**EXERCISE DIRECTIONS**
Examine the records below and count how many lines contain the string "raised". Give only the number.

---------------

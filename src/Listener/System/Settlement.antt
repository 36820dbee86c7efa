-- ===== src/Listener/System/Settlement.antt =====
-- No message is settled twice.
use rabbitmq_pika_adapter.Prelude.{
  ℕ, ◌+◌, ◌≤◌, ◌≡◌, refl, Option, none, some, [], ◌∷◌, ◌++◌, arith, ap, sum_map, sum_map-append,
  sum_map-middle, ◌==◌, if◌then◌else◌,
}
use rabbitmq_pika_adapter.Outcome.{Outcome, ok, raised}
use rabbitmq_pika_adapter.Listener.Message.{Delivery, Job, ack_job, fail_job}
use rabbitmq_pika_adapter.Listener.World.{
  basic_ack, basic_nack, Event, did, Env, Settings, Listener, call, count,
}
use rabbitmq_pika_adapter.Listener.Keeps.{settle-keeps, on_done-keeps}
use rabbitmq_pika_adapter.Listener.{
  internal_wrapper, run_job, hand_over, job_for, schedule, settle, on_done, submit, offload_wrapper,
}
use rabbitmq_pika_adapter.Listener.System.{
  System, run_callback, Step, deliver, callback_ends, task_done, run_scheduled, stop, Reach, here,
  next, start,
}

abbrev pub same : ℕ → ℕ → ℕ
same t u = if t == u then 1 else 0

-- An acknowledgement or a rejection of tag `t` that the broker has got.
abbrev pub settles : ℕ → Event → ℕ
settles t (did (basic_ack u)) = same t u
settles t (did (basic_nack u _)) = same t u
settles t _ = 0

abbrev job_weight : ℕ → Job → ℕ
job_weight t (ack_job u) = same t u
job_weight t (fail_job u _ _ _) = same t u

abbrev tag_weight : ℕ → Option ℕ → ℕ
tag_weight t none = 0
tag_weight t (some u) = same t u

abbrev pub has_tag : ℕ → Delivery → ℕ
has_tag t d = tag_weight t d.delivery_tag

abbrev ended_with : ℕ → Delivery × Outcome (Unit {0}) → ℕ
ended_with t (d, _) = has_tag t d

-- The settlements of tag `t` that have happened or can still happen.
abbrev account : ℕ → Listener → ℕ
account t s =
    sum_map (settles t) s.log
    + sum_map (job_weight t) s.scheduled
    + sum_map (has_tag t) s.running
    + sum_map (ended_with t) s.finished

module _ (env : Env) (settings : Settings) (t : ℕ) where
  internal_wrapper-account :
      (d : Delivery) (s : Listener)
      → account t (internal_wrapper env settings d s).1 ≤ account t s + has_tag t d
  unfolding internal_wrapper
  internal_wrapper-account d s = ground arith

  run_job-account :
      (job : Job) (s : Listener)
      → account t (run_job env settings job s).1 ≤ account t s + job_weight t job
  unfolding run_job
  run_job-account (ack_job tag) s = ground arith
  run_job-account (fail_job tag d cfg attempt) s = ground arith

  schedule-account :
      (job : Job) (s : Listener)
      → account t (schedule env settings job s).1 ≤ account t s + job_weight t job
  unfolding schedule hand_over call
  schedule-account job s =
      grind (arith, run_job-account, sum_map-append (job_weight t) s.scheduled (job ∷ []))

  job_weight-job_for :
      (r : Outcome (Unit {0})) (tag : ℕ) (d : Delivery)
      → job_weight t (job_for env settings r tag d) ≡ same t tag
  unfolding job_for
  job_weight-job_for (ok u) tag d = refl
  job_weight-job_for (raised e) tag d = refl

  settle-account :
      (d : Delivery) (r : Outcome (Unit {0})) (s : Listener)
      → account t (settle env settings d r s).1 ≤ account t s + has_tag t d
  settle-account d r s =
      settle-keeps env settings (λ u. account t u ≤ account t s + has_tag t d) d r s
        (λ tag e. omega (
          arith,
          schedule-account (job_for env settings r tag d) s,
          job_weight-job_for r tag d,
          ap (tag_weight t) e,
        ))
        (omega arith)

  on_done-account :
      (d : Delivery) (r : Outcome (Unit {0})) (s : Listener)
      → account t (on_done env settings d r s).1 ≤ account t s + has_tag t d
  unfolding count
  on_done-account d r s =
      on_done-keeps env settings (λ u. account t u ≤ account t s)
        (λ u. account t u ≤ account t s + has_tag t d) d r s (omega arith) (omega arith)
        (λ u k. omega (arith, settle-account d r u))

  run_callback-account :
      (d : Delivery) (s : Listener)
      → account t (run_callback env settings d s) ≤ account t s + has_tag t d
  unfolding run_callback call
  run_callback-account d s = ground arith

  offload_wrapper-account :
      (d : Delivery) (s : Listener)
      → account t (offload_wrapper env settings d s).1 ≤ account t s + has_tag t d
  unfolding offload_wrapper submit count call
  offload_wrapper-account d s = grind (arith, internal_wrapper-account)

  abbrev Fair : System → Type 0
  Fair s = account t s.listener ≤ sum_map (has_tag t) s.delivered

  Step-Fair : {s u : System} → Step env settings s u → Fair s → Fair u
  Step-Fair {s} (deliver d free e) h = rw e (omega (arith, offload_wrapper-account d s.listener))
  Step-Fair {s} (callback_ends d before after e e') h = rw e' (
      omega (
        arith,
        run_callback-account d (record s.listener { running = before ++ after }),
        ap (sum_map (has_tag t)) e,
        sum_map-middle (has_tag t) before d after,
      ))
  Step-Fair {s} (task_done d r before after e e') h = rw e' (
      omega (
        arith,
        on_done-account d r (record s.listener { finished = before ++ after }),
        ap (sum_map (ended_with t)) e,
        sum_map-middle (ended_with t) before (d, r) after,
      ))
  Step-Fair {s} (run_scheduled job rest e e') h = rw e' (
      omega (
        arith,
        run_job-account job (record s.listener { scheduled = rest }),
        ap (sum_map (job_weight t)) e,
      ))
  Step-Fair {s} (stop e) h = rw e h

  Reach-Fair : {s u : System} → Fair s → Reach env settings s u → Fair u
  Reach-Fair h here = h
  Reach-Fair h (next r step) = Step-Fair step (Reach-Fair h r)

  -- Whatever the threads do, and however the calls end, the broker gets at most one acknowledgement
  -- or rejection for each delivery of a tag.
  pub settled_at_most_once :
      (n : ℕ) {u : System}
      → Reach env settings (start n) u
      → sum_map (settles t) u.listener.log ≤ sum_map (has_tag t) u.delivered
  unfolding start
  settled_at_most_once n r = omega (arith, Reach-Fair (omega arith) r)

---------------

**TASK SOLUTION**
2